En México las elecciones funcionan. Han sido el cauce pacífico y participativo para que la diversidad política pueda convivir y competir y son una fórmula inmejorable para expresar, recrear y ofrecer un conducto a las oscilaciones de los humores públicos. Por ello los fenómenos de alternancia en todos los niveles y los cuerpos legislativos plurales. Suele decirse que si algo funciona no lo toques. Pero, en la Cámara de Diputados se ha abierto una nueva ronda para discutir una reforma en la materia. Si ello es así, quizá valga recordar lo medular del asunto, aquello que no debe ser vulnerado porque produciría una involución con tintes autoritarios.

1. Autonomía de la autoridad electoral. Los partidos, los candidatos y las coaliciones formales e informales que se generan para contender en las elecciones, son creaturas poderosas, con recursos, enorme visibilidad pública, redes de relaciones, que desatan de manera natural confrontaciones agudas. De eso tratan los comicios. Pues bien, precisamente por su centralidad, por su importancia, por su gravitación en la vida nacional, requieren de un organizador y un árbitro que se coloque por encima de esas pasiones y sea capaz de ofrecer garantías de imparcialidad a todos.

2. Necesidad del consenso.
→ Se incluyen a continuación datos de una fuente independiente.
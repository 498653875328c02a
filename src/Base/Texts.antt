-- ===== src/Base/Texts.antt =====
-- The order of texts: Go compares strings bytewise, which on UTF-8 is the order of code points.
use Prim.Native.Char.{code}
use Prim.Native.String.{String}
use mathlib.Core.Path.{◌≡◌, refl, ap₂}
use mathlib.Core.Logic.{◌⊎◌, inl, inr}
use mathlib.Core.Bool.{Bool, true, false}
use native.Mathlib.Omega.{arith}
use text.Mathlib.TextEquality.{Char-path}
use minti.Base.Tests.{ltb, if◌then◌else◌}

unfoldable pub str_lt : String → String → Bool
str_lt String.[] String.[] = false
str_lt String.[] (String.◌∷◌ d t) = true
str_lt (String.◌∷◌ c s) String.[] = false
str_lt (String.◌∷◌ c s) (String.◌∷◌ d t) =
    if ltb (code c) (code d) then true else if ltb (code d) (code c) then false else str_lt s t

pub str_lt-asym : (s t : String) → str_lt s t ≡ true → str_lt t s ≡ false
unfolding str_lt
str_lt-asym String.[] String.[] h = refl
str_lt-asym String.[] (String.◌∷◌ d t) h = refl
str_lt-asym (String.◌∷◌ c s) String.[] h = ground arith
str_lt-asym (String.◌∷◌ c s) (String.◌∷◌ d t) h = ground (arith, str_lt-asym s t)

-- A text between two others in the order lies above the first or below the second.
pub str_lt-weak : (s t u : String) → str_lt s u ≡ true → (str_lt s t ≡ true) ⊎ (str_lt t u ≡ true)
unfolding str_lt
str_lt-weak s t String.[] h = absurd (not_below s h)
  where
    not_below : (s : String) → str_lt s String.[] ≡ true → ⊥
    not_below String.[] h = ground arith
    not_below (String.◌∷◌ c s) h = ground arith
str_lt-weak String.[] String.[] (String.◌∷◌ e u) h = inr refl
str_lt-weak (String.◌∷◌ c s) String.[] (String.◌∷◌ e u) h = inr refl
str_lt-weak String.[] (String.◌∷◌ d t) (String.◌∷◌ e u) h = inl refl
str_lt-weak (String.◌∷◌ c s) (String.◌∷◌ d t) (String.◌∷◌ e u) h = ground (arith, str_lt-weak s t u)

pub str_lt-total : (s t : String) → str_lt s t ≡ false → str_lt t s ≡ false → s ≡ t
unfolding str_lt
str_lt-total String.[] String.[] h k = refl
str_lt-total String.[] (String.◌∷◌ d t) h k = ground arith
str_lt-total (String.◌∷◌ c s) String.[] h k = ground arith
str_lt-total (String.◌∷◌ c s) (String.◌∷◌ d t) h k =
    ap₂ String.◌∷◌ (Char-path c d (ground arith)) (str_lt-total s t (ground arith) (ground arith))
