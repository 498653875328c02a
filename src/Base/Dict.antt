-- ===== src/Base/Dict.antt =====
-- Go's `map[string]V` as an association list in the order of iteration.
use Prim.Native.Nat.{suc, ◌≤◌}
use minti.Base.Lists.{length}
use Prim.Native.String.{String}
use mathlib.Core.Path.{◌≡◌, refl}
use mathlib.Core.List.{List, [], ◌∷◌}
use mathlib.Core.Option.{Option, none, some}
use native.Mathlib.Omega.{arith}
use text.Mathlib.Text.{◌==◌}
use text.Mathlib.TextEquality.{eq_iff}
use minti.Base.Tests.{if◌then◌else◌, is_some}

module _ {ℓ} {Value : Type ℓ} where
  -- A missing key gives none.
  unfoldable pub lookup : (key : String) → List (String × Value) → Option Value
  lookup key [] = none
  lookup key ((here, found) ∷ rest) = if here == key then some found else lookup key rest

  unfoldable pub delete : (key : String) → List (String × Value) → List (String × Value)
  delete key [] = []
  delete key ((here, old) ∷ rest) =
      let left = delete key rest in if here == key then left else (here, old) ∷ left

  -- An entry that is there is overwritten in its place.
  unfoldable pub insert :
      (key : String) (new : Value) → List (String × Value) → List (String × Value)
  insert key new [] = (key, new) ∷ []
  insert key new ((here, old) ∷ rest) =
      if here == key then (key, new) ∷ rest else (here, old) ∷ insert key new rest

  pub length-delete-le :
      (key : String) (dict : List (String × Value)) → length (delete key dict) ≤ length dict
  unfolding delete
  length-delete-le key [] = omega arith
  length-delete-le key ((here, old) ∷ rest) = ground (arith, length-delete-le key rest)

  pub length-insert :
      (key : String) (new : Value) (dict : List (String × Value))
      → length (insert key new dict)
        ≡ (if is_some (lookup key dict) then length dict else suc (length dict))
  unfolding lookup insert
  length-insert key new [] = refl
  length-insert key new ((here, old) ∷ rest) = ground (arith, length-insert key new rest)

  pub lookup-delete :
      (key asked : String) (dict : List (String × Value))
      → lookup asked (delete key dict) ≡ (if key == asked then none else lookup asked dict)
  unfolding lookup delete
  lookup-delete key asked [] = ground arith
  lookup-delete key asked ((here, old) ∷ rest) =
      ground
        (arith, lookup-delete key asked rest, eq_iff here asked, eq_iff here key, eq_iff key asked)

  pub lookup-insert :
      (key asked : String) (new : Value) (dict : List (String × Value))
      → lookup asked (insert key new dict) ≡ (if key == asked then some new else lookup asked dict)
  unfolding lookup insert
  lookup-insert key asked new [] = refl
  lookup-insert key asked new ((here, old) ∷ rest) = ground (
    arith,
    lookup-insert key asked new rest,
    eq_iff here asked,
    eq_iff here key,
    eq_iff key asked,
  )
Por tratarse de las reglas del juego es imprescindible que tengan el mayor apoyo posible. Las mejores reformas electorales han sido las que surgen del acuerdo entre los partidos enfrentados. Manteniendo sus diferencias lograron conformar un cuadro normativo que les ofrecía garantías a todos. Una legislación facciosa en esta materia, avalada solo por uno o unos actores, con la exclusión de otros, no presagiaría nada bueno. Recordemos que la legislación debe ser el punto de partida para que las elecciones cumplan con la estratégica función de legitimar a los gobernantes y legisladores y permitir que la mecánica de mayoría y minorías tenga todas las condiciones para su reproducción.

3. Garantías a las minorías. Las 8 reformas electorales desde 1977 han sido producto de exigencias planteadas por las oposiciones. El acicate de las mismas fueron reclamos diversos como por ejemplo incluir a los excluidos o contar con una autoridad imparcial o un terreno de juego parejo. Hoy, llama la atención que desde el poder se active el resorte reformador sin siquiera hacer alusión a las probables exigencias de las minorías.

4. A lo largo de los años las instituciones electorales han conformado un funcionariado profesional que constituye la columna vertebral de las mismas. No preservar y fortalecer esas destrezas sería un error de enormes dimensiones.

5. La construcción de condiciones equitativas para la contienda fue fruto de un largo proceso. Erosionarlas, desequilibrar el terreno de juego, tendría costos políticos mayores. Se anuncia la reducción en un 50 por ciento del financiamiento público a los partidos. Sabemos que la mayor parte de ese financiamiento se distribuye según los votos alcanzados en la última elección. Con la fórmula propuesta, “casualmente” solo el partido en el gobierno incrementaría su financiamiento, mientras el resto vería disminuir sus ingresos. Si se quiere hacer ahorros, ¿por qué no tomarle la palabra al consejero presidente del INE, Lorenzo Córdova, que propuso transitar hacia el voto electrónico?

6. Establecer como criterio rector de la reforma el “costo de las elecciones” es no hacerse cargo del papel estratégico que juegan para la convivencia de la diversidad y la paz social. Por supuesto que se pueden hacer ahorros, pero no a costa de lo sustantivo.

7. Pero si los legisladores quieren reformar, ¿por qué no hacer realidad una añeja aspiración democrática: lograr la representación proporcional estricta entre votos y escaños? Es decir, que si un partido obtiene el 20 por ciento de los votos tenga el 20 por ciento de los asientos. Para ello, no sería necesario modificar el modelo que combina diputados uni y plurinominales, solo ajustar la fórmula de asignación de los segundos.